## [Exercise]
Your answer should be only the lines below from the one with "after_decision (some stop)" to the one with "else let (budget, decision)", repeated exactly, ends included.

## [Information]
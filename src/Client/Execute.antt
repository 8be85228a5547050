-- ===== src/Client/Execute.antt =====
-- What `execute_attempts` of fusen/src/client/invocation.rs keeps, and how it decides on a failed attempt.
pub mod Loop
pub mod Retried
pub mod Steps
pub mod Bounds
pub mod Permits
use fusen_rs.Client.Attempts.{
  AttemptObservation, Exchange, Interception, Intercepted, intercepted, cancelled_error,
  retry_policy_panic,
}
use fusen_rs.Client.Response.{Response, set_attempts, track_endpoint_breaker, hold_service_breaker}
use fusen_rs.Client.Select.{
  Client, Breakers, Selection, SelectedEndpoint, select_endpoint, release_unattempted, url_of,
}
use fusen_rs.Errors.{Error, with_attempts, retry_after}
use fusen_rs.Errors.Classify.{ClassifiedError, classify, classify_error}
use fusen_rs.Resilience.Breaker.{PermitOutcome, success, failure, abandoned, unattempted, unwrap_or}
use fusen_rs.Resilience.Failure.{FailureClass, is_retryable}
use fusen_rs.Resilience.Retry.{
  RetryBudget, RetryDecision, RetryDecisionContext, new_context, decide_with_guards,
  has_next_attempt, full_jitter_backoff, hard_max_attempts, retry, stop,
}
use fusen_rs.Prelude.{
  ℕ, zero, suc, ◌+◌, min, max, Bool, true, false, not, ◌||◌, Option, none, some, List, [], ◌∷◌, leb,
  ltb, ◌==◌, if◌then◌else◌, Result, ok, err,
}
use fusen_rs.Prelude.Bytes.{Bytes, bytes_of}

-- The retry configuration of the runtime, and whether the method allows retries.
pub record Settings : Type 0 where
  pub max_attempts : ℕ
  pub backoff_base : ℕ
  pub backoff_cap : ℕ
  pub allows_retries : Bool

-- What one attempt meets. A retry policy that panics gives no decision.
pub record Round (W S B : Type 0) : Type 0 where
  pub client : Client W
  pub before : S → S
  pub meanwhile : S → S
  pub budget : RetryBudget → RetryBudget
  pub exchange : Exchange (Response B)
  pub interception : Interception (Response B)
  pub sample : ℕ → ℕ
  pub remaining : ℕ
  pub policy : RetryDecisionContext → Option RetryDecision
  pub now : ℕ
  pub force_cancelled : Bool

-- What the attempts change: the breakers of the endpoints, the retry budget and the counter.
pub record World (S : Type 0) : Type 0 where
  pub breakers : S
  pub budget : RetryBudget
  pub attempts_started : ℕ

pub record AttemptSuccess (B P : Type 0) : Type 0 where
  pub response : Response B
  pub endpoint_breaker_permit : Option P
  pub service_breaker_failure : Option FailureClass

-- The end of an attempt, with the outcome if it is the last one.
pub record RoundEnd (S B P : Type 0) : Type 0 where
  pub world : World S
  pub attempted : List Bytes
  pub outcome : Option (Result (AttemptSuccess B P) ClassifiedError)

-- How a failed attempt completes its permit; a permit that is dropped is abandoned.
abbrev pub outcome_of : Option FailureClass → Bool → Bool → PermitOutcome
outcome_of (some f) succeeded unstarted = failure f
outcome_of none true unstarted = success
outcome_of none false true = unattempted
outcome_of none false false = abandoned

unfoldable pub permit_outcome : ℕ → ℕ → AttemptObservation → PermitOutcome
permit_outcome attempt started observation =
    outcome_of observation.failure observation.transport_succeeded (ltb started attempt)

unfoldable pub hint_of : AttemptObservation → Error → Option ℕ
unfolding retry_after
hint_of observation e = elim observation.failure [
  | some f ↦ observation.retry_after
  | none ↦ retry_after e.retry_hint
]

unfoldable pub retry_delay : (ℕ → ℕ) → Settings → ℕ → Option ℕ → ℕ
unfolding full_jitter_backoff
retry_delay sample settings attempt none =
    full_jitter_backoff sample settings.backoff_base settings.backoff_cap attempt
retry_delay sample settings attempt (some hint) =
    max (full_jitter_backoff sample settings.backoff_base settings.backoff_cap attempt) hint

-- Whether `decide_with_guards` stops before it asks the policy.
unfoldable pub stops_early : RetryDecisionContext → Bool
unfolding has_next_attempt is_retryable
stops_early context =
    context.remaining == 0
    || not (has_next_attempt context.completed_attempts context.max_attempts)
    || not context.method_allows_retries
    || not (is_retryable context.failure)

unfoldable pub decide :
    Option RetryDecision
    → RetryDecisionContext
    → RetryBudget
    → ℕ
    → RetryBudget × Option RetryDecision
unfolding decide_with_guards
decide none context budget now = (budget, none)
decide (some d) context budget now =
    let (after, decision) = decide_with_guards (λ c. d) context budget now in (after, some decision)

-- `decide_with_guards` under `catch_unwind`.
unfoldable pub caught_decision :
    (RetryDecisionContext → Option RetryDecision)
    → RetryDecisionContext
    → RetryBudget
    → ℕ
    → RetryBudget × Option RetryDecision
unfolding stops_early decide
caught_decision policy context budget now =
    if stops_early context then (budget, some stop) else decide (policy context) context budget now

---

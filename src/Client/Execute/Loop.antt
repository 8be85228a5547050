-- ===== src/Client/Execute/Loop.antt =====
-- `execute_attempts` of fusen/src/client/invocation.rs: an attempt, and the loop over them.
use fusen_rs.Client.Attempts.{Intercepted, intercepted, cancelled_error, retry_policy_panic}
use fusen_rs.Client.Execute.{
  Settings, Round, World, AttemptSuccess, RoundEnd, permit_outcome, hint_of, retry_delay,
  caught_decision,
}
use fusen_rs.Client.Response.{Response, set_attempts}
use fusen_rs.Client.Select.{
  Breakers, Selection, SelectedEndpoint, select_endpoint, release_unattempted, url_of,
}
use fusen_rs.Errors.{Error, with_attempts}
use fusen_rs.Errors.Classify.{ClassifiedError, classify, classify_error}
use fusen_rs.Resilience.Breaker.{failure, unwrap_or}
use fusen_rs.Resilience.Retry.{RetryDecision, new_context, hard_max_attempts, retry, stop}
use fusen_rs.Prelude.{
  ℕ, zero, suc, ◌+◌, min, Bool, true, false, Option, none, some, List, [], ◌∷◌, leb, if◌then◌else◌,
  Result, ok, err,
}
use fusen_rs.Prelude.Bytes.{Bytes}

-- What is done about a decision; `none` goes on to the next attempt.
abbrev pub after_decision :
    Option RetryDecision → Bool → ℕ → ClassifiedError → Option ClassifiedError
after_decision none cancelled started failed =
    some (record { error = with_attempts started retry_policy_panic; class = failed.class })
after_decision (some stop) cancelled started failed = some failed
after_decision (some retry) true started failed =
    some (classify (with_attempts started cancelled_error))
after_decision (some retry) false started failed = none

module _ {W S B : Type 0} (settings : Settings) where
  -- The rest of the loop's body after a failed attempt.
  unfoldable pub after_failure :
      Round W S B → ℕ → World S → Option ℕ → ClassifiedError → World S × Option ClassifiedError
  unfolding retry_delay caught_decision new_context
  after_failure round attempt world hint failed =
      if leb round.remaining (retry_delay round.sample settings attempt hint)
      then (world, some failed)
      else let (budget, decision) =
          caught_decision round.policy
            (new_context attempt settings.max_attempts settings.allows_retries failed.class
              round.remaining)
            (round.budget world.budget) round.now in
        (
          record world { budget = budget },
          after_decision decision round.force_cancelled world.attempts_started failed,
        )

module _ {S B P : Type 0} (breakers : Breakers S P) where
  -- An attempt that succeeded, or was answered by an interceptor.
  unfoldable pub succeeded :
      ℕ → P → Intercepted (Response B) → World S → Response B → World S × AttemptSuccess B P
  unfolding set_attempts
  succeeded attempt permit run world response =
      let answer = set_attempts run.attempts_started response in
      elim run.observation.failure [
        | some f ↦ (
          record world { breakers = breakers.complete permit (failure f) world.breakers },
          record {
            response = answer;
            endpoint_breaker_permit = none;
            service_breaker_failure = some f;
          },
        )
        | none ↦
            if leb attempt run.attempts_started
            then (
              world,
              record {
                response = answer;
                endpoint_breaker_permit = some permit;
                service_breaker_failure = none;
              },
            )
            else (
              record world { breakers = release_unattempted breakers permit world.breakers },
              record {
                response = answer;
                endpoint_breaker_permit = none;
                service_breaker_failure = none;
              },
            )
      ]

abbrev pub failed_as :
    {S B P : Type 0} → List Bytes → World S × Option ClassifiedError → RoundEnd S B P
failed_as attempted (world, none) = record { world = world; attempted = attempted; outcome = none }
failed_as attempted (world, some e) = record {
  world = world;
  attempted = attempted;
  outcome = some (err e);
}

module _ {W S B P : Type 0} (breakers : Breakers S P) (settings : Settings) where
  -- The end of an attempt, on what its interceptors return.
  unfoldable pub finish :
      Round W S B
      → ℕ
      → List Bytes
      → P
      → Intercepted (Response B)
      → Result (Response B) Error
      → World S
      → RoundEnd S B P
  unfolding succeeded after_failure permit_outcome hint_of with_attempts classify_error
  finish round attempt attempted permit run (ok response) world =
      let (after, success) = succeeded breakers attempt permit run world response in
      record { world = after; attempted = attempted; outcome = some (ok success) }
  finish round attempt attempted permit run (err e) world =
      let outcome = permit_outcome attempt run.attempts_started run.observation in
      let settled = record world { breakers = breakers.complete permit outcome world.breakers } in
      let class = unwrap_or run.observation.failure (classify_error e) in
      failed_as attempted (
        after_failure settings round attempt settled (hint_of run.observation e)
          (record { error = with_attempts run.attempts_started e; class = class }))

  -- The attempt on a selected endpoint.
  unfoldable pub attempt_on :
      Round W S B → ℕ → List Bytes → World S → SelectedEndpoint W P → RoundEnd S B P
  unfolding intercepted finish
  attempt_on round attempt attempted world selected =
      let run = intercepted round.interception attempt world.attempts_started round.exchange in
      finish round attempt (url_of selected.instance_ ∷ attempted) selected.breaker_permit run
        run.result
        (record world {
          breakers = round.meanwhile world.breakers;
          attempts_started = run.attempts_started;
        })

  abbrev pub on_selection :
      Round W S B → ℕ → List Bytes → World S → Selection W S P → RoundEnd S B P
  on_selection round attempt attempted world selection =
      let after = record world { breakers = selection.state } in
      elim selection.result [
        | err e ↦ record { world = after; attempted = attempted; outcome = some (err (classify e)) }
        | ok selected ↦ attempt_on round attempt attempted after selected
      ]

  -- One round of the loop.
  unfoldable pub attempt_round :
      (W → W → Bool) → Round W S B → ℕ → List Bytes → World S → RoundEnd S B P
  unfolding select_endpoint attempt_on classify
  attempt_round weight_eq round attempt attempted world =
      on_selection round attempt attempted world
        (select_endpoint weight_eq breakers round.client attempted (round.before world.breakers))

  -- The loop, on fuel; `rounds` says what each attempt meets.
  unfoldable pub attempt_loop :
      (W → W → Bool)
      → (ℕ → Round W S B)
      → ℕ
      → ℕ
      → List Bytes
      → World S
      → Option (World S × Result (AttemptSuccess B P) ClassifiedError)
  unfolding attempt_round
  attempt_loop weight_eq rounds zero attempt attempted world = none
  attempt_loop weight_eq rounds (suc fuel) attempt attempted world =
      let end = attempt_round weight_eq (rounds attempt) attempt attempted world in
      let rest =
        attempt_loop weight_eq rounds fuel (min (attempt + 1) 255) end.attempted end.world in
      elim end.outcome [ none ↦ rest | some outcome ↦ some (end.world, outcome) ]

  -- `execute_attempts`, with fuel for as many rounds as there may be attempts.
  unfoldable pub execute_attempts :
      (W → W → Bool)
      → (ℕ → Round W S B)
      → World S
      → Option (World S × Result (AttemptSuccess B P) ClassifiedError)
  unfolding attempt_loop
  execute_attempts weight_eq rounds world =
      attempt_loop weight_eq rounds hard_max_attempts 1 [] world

## [Result for this exercise]
after_decision (some stop) cancelled started failed = some failed
after_decision (some retry) true started failed =
    some (classify (with_attempts started cancelled_error))
after_decision (some retry) false started failed = none

module _ {W S B : Type 0} (settings : Settings) where
  -- The rest of the loop's body after a failed attempt.
  unfoldable pub after_failure :
      Round W S B → ℕ → World S → Option ℕ → ClassifiedError → World S × Option ClassifiedError
  unfolding retry_delay caught_decision new_context
  after_failure round attempt world hint failed =
      if leb round.remaining (retry_delay round.sample settings attempt hint)
      then (world, some failed)
      else let (budget, decision) =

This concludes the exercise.